The Climate is a look what's good and what's not so good in the world of sports, and after re-watching it for the 62nd time, Zoolander is definitely good. With all due respect to that damn Hansel, these next five are so hot right now:

College Football Spring Practice: If the season is the season, and recruiting has become the "second season," spring practice technically becomes the third, right? Now that it's officially underway for a handful of teams, the early questions seem to be, "Who starts at quarterback for USC?", "Who becomes the home run threat for Florida?", and of course, "How happy is Lou Holtz that he never has to attempt to pronounce 'Maualuga' ever again?"
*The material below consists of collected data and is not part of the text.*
-- ===== src/Interpreter/Exec/State.antt =====
-- crates/interpreter/src/exec.rs: `Store`, `Instance`, `Thread`, `Frame` and `Label`, and the
-- methods of `Thread` on its stacks. Each stack has its top first.
use wasefire.Base.{ℕ, List, [], ◌∷◌, length, take, drop, leb, Bool, if◌then◌else◌}
use wasefire.Interpreter.Mode.{Outcome, ok, err, fault, out_of_fuel}
use wasefire.Interpreter.Syntax.Types.{FuncType}
use wasefire.Interpreter.Module.{Module}
use wasefire.Interpreter.Exec.Values.{Val, Component}
use wasefire.Interpreter.Exec.Memory.{Memory, Table}

-- `Loop` has the bytes of its body.
pub data LabelKind : Type 0 where
  block if_ : LabelKind
  loop : List ℕ → LabelKind

pub record Label : Type 0 where
  pub arity : ℕ
  pub kind : LabelKind
  pub values : List Val

-- `ret` is where the caller goes on.
pub record Frame : Type 0 where
  pub inst_id : ℕ
  pub arity : ℕ
  pub ret : List ℕ
  pub locals : List Val
  pub labels : List Label

-- The parser is the bytes that are left.
pub record Thread : Type 0 where
  pub parser : List ℕ
  pub frames : List Frame

pub record Continuation : Type 0 where
  pub thread : Thread
  pub index : ℕ
  pub args : List Val
  pub arity : ℕ

pub record HostName : Type 0 where
  pub module_ : List ℕ
  pub name : List ℕ

pub record Instance : Type 0 where
  pub name : List ℕ
  pub module_ : Module
  pub funcs : Component (Unit {0})
  pub tables : Component (List Table)
  pub mems : Component Memory
  pub globals : Component (List Val)
  pub elems : List Bool
  pub datas : List Bool

pub record Store : Type 0 where
  pub id : ℕ
  pub insts : List Instance
  pub funcs : List (HostName × FuncType)
  pub threads : List Continuation

unfoldable pub frame_new : ℕ → ℕ → List ℕ → List Val → Frame
frame_new inst_id arity ret locals = record {
  inst_id = inst_id;
  arity = arity;
  ret = ret;
  locals = locals;
  labels = record { arity = arity; kind = LabelKind.block; values = [] } ∷ [];
}

unfoldable pub reverse_onto {ℓ} : {A : Type ℓ} → List A → List A → List A
reverse_onto [] ys = ys
reverse_onto (x ∷ xs) ys = reverse_onto xs (x ∷ ys)

-- A stack from its bottom to its top, and back.
unfoldable pub reversed {ℓ} : {A : Type ℓ} → List A → List A
reversed xs = reverse_onto xs []

-- A method with a state `S`: what it returns, and the state after it.
abbrev pub Stateful {ℓ κ} : Type ℓ → Type κ → Type (ℓ ⊔ κ)
Stateful S A = S → Outcome (A × S)

infixl 5 ◌>>=◌ ◌>>◌
unfoldable pub ◌>>=◌ {ℓ κ μ} :
    {S : Type ℓ} {A : Type κ} {B : Type μ} → Stateful S A → (A → Stateful S B) → Stateful S B
◌>>=◌ p f s = elim (p s) [
  | ok (a, s') ↦ f a s'
  | err e ↦ err e
  | fault ↦ fault
  | out_of_fuel ↦ out_of_fuel
]

unfoldable pub ◌>>◌ {ℓ κ μ} :
    {S : Type ℓ} {A : Type κ} {B : Type μ} → Stateful S A → Stateful S B → Stateful S B
unfolding ◌>>=◌
p >> q = p >>= λ _. q

unfoldable pub pure {ℓ κ} : {S : Type ℓ} {A : Type κ} → A → Stateful S A
pure a s = ok (a, s)

unfoldable pub lift {ℓ κ} : {S : Type ℓ} {A : Type κ} → Outcome A → Stateful S A
lift r s = elim r [ ok a ↦ ok (a, s) | err e ↦ err e | fault ↦ fault | out_of_fuel ↦ out_of_fuel ]

-- A lookup that reads the state.
unfoldable pub asks {ℓ κ} : {S : Type ℓ} {A : Type κ} → (S → Outcome A) → Stateful S A
unfolding lift
asks f s = lift (f s) s

-- A method of a thread.
abbrev pub Method {ℓ} : Type ℓ → Type ℓ
Method A = Stateful Thread A

-- A change of the last frame, which panics if there is none.
unfoldable pub on_frame {ℓ} : {A : Type ℓ} → (Frame → Outcome (A × Frame)) → Method A
on_frame f t = elim t.frames [
  | [] ↦ fault
  | frame ∷ frames ↦ elim (f frame) [
    | ok (a, frame') ↦ ok (a, record t { frames = frame' ∷ frames })
    | err e ↦ err e
    | fault ↦ fault
    | out_of_fuel ↦ out_of_fuel
  ]
]

unfoldable pub on_labels {ℓ} : {A : Type ℓ} → (List Label → Outcome (A × List Label)) → Method A
unfolding on_frame
on_labels f = on_frame λ frame. elim (f frame.labels) [
  | ok (a, labels) ↦ ok (a, record frame { labels = labels })
  | err e ↦ err e
  | fault ↦ fault
  | out_of_fuel ↦ out_of_fuel
]

-- A change of the values of the last label.
unfoldable pub on_values {ℓ} : {A : Type ℓ} → (List Val → Outcome (A × List Val)) → Method A
unfolding on_labels
on_values f = on_labels λ labels. elim labels [
  | [] ↦ fault
  | label ∷ rest ↦ elim (f label.values) [
    | ok (a, values) ↦ ok (a, record label { values = values } ∷ rest)
    | err e ↦ err e
    | fault ↦ fault
    | out_of_fuel ↦ out_of_fuel
  ]
]

unfoldable pub frame : Method Frame
frame = on_frame λ f. ok (f, f)

unfoldable pub inst_id : Method ℕ
inst_id = on_frame λ f. ok (f.inst_id, f)

unfoldable pub peek_top : List Val → Outcome (Val × List Val)
peek_top [] = fault
peek_top (v ∷ vs) = ok (v, v ∷ vs)

unfoldable pub pop_top : List Val → Outcome (Val × List Val)
pop_top [] = fault
pop_top (v ∷ vs) = ok (v, vs)

unfoldable pub peek_value : Method Val
peek_value = on_values peek_top

unfoldable pub pop_value : Method Val
pop_value = on_values pop_top

unfoldable pub push_value : Val → Method (Unit {0})
push_value v = on_values λ vs. ok (tt, v ∷ vs)

-- `extend_from_slice`, with the last value on top.
unfoldable pub push_values : List Val → Method (Unit {0})
push_values values = on_values λ vs. ok (tt, reverse_onto values vs)

-- The values from the lowest to the top.
unfoldable pub pop_values : ℕ → Method (List Val)
pop_values n =
    on_values λ vs. if leb n (length vs) then ok (reversed (take n vs), drop n vs) else fault

-- The reading of the parser, and its restoration.
unfoldable pub save : Method (List ℕ)
save t = ok (t.parser, t)

unfoldable pub restore : List ℕ → Method (Unit {0})
restore bytes t = ok (tt, record t { parser = bytes })

-- A method of the parser.
unfoldable pub read {ℓ} : {A : Type ℓ} → (List ℕ → Outcome (A × List ℕ)) → Method A
read p t = elim (p t.parser) [
  | ok (a, rest) ↦ ok (a, record t { parser = rest })
  | err e ↦ err e
  | fault ↦ fault
  | out_of_fuel ↦ out_of_fuel
]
Jimmy Fallon (feat. Serena Williams): After a solid first week (not huge, not horrible), Jimmy and Serena Williams played a quick game of beer pong. Thanks to some highly dubious underhanded lean-in throws, Serena took him down. Now that publicly challenging female tennis players to games is considered socially acceptable, let me formally challenge Ana Ivanovic to three quick rounds of Greco-Roman wrestling. I'll bring the pudding.
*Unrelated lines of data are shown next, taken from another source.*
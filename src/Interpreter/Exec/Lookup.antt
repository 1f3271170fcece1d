-- ===== src/Interpreter/Exec/Lookup.antt =====
-- crates/interpreter/src/exec.rs: the methods of `Store` that find an item of an instance.
use wasefire.Base.{ℕ, List, set, get_elem?, none, some, ◌==◌, if◌then◌else◌}
use wasefire.Interpreter.Mode.{Outcome, ok, err, fault, out_of_fuel}
use wasefire.Interpreter.Syntax.Types.{FuncType}
use wasefire.Interpreter.Parser.Core.{total}
use wasefire.Interpreter.Module.{func_type}
use wasefire.Interpreter.Exec.Values.{
  Val, Ptr, Side, unwrap_wasm, ptr_instance, ptr_index, Component, component_ptr,
}
use wasefire.Interpreter.Exec.Memory.{Memory, Table}
use wasefire.Interpreter.Exec.State.{
  Thread, HostName, Instance, Store, Stateful, ◌>>=◌, pure, lift, asks,
}

-- The store and the thread that runs on it.
pub record Machine : Type 0 where
  pub store : Store
  pub thread : Thread

abbrev pub Action {ℓ} : Type ℓ → Type ℓ
Action A = Stateful Machine A

-- A method of the store, and one of the thread.
abbrev pub OnStore {ℓ} : Type ℓ → Type ℓ
OnStore A = Stateful Store A

unfoldable pub in_store {ℓ} : {A : Type ℓ} → OnStore A → Action A
in_store p m = elim (p m.store) [
  | ok (a, store) ↦ ok (a, record m { store = store })
  | err e ↦ err e
  | fault ↦ fault
  | out_of_fuel ↦ out_of_fuel
]

unfoldable pub in_thread {ℓ} : {A : Type ℓ} → Stateful Thread A → Action A
in_thread p m = elim (p m.thread) [
  | ok (a, thread) ↦ ok (a, record m { thread = thread })
  | err e ↦ err e
  | fault ↦ fault
  | out_of_fuel ↦ out_of_fuel
]

-- An element of a list, changed. Out of range it panics.
unfoldable pub on_elem {ℓ κ} :
    {A : Type ℓ} {B : Type κ} → ℕ → (A → Outcome (B × A)) → Stateful (List A) B
on_elem x f xs = elim (get_elem? xs x) [
  | none ↦ fault
  | some a ↦ elim (f a) [
    | ok (b, a') ↦ ok (b, set xs x a')
    | err e ↦ err e
    | fault ↦ fault
    | out_of_fuel ↦ out_of_fuel
  ]
]

unfoldable pub on_inst {ℓ} : {A : Type ℓ} → ℕ → (Instance → Outcome (A × Instance)) → OnStore A
on_inst inst_id f store = elim (on_elem inst_id f store.insts) [
  | ok (a, insts) ↦ ok (a, record store { insts = insts })
  | err e ↦ err e
  | fault ↦ fault
  | out_of_fuel ↦ out_of_fuel
]

-- `self.insts[x]`
unfoldable pub inst : ℕ → OnStore Instance
inst inst_id = asks λ store. total (get_elem? store.insts inst_id)

-- `func_ptr` and the like
unfoldable pub ptr_of {ℓ} : {T : Type ℓ} → (Instance → Component T) → ℕ → ℕ → OnStore Ptr
ptr_of component inst_id x = do i ← inst inst_id; lift (component_ptr (component i) inst_id x)

unfoldable pub func_ptr : ℕ → ℕ → OnStore Ptr
func_ptr inst_id x = ptr_of (λ i. i.funcs) inst_id x

-- The instance and the index where an item is.
unfoldable pub place_of {ℓ} : {T : Type ℓ} → (Instance → Component T) → ℕ → ℕ → OnStore (ℕ × ℕ)
place_of component inst_id x = do
  ptr ← ptr_of component inst_id x
  y ← lift (unwrap_wasm (ptr_instance ptr))
  pure (y, ptr_index ptr)

unfoldable pub host_func : ℕ → OnStore (HostName × FuncType)
host_func x = asks λ store. total (get_elem? store.funcs x)

unfoldable pub func_type_of : Ptr → OnStore FuncType
func_type_of ptr = elim (ptr_instance ptr) [
  | Side.host ↦ do (_, t) ← host_func (ptr_index ptr); pure t
  | Side.wasm y ↦ do i ← inst y; lift (func_type i.module_ (ptr_index ptr))
]

-- What an access to the field of an instance does.
unfoldable pub on_tables {ℓ} :
    {A : Type ℓ} → ℕ → (Table → Outcome (A × Table)) → Instance → Outcome (A × Instance)
on_tables y f i = elim (on_elem y f i.tables.int) [
  | ok (a, tables) ↦ ok (a, record i { tables = record i.tables { int = tables } })
  | err e ↦ err e
  | fault ↦ fault
  | out_of_fuel ↦ out_of_fuel
]

unfoldable pub on_globals {ℓ} :
    {A : Type ℓ} → ℕ → (Val → Outcome (A × Val)) → Instance → Outcome (A × Instance)
on_globals y f i = elim (on_elem y f i.globals.int) [
  | ok (a, globals) ↦ ok (a, record i { globals = record i.globals { int = globals } })
  | err e ↦ err e
  | fault ↦ fault
  | out_of_fuel ↦ out_of_fuel
]

-- An instance has one memory of its own: `assert_eq!(ptr.index(), 0)`.
unfoldable pub on_memory {ℓ} :
    {A : Type ℓ} → ℕ → (Memory → Outcome (A × Memory)) → Instance → Outcome (A × Instance)
on_memory y f i =
    if y == 0
    then (elim (f i.mems.int) [
      | ok (a, mem) ↦ ok (a, record i { mems = record i.mems { int = mem } })
      | err e ↦ err e
      | fault ↦ fault
      | out_of_fuel ↦ out_of_fuel
    ])
    else fault

-- `table`, `mem` and `global`, with what is done there.
unfoldable pub table {ℓ} : {A : Type ℓ} → ℕ → ℕ → (Table → Outcome (A × Table)) → OnStore A
table inst_id x f = do
  (y, index) ← place_of (λ i. i.tables) inst_id x
  on_inst y (on_tables index f)

unfoldable pub mem {ℓ} : {A : Type ℓ} → ℕ → ℕ → (Memory → Outcome (A × Memory)) → OnStore A
mem inst_id x f = do (y, index) ← place_of (λ i. i.mems) inst_id x; on_inst y (on_memory index f)

unfoldable pub global {ℓ} : {A : Type ℓ} → ℕ → ℕ → (Val → Outcome (A × Val)) → OnStore A
global inst_id x f = do
  (y, index) ← place_of (λ i. i.globals) inst_id x
  on_inst y (on_globals index f)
Donald Sterling's Clippers Tirade: Donald Sterling, the longtime Clippers owner,tore into his players in the locker room for not giving any effort and being selfish. I put this under the "Good" section because it's nice to see an owner with some moxie. Sure, Donald Sterling calling other people out for being selfish and putting forth no effort is like Larry the Cable Guy calling another comedian gimmicky and unfunny, but Sterling will be damned if he's going to just now start employing good judgement after all these years. HUEVOS.

Japanese World Baseball Classic Crowds: The best thing so far to come out of the WBC. If eating giant bowls of noodles, cheering in unison with thundersticks, and wearing oddly-magnetized necklaces is wrong, I don't think I want to be right.

Vlade Divac: When Shaq and Stan Van Gundy go back and forth about such things as flopping and manning up, there's only one real winner here -- Vlade. Nobody did the former better and the latter worse. For that, a special place on the weekly list must be saved for the best bearded, chain-smoking Yugoslavian to ever play the low post in the NBA.

These next five think that they're too cool for school, but I have a newsflash for you Walter Cronkite... they aren't:

NCAA Basketball Conference Tournaments: Every college football writer against a playoff will tell you that they fear that the regular season won't matter, comparing it to college basketball. Despite the fact that you can't logically connect the two ideas, the real problem here is the year-end tournaments that basically say, "Sure, you proved exactly who your team was over the course of a balanced schedule, but let's see you do it again -- this time on a carefully -- constructed TV revenue schedule!"

Terrell Owens: The worst thing about T.O. signing with the Bills is the opportunity it gives hack sports radio hosts across the country to dust off and regurgitate the ol' "Is T.O. worth it?" show. At this point, if you don't know that Owens will 100 percent detonate your team, it's best you just fire up Tecmo Super Bowl and sit down.

Florida State + the NCAA: The NCAA handed down sanctions to the Seminoles because of the use academically ineligible athletes, forcing the football team to forfeit certain victories, which puts Bobby Bowden's quest for the all-time wins record in serious doubt. This story really hit everyone involved with the 'Noles hard, so if you're having a tough time dealing with all of this, take comfort in knowing that no matter what, there are still crazy good deals at Foot Locker.

The Dominican Republic Baseball Team: Sure, they won their second game, but one of the overwhelming WBC favorites lost early to the Netherlands in one of the two biggest tournament upsets. It's one thing to lose, but it gets to be embarrassing when it's to a country known for wooden shoes, special bakeries, and 16th century composer/organist Jan Pieterszoon Sweelinck. Shame on you.

NBA Revenue: Ticket prices have seemingly hit rock bottom, making it pretty realistic to see an NBA game for roughly the same price as a chalupa. On second thought, though, a chalupa sounds significantly more enticing than an evening with Beno Udrih and the Kings right about now.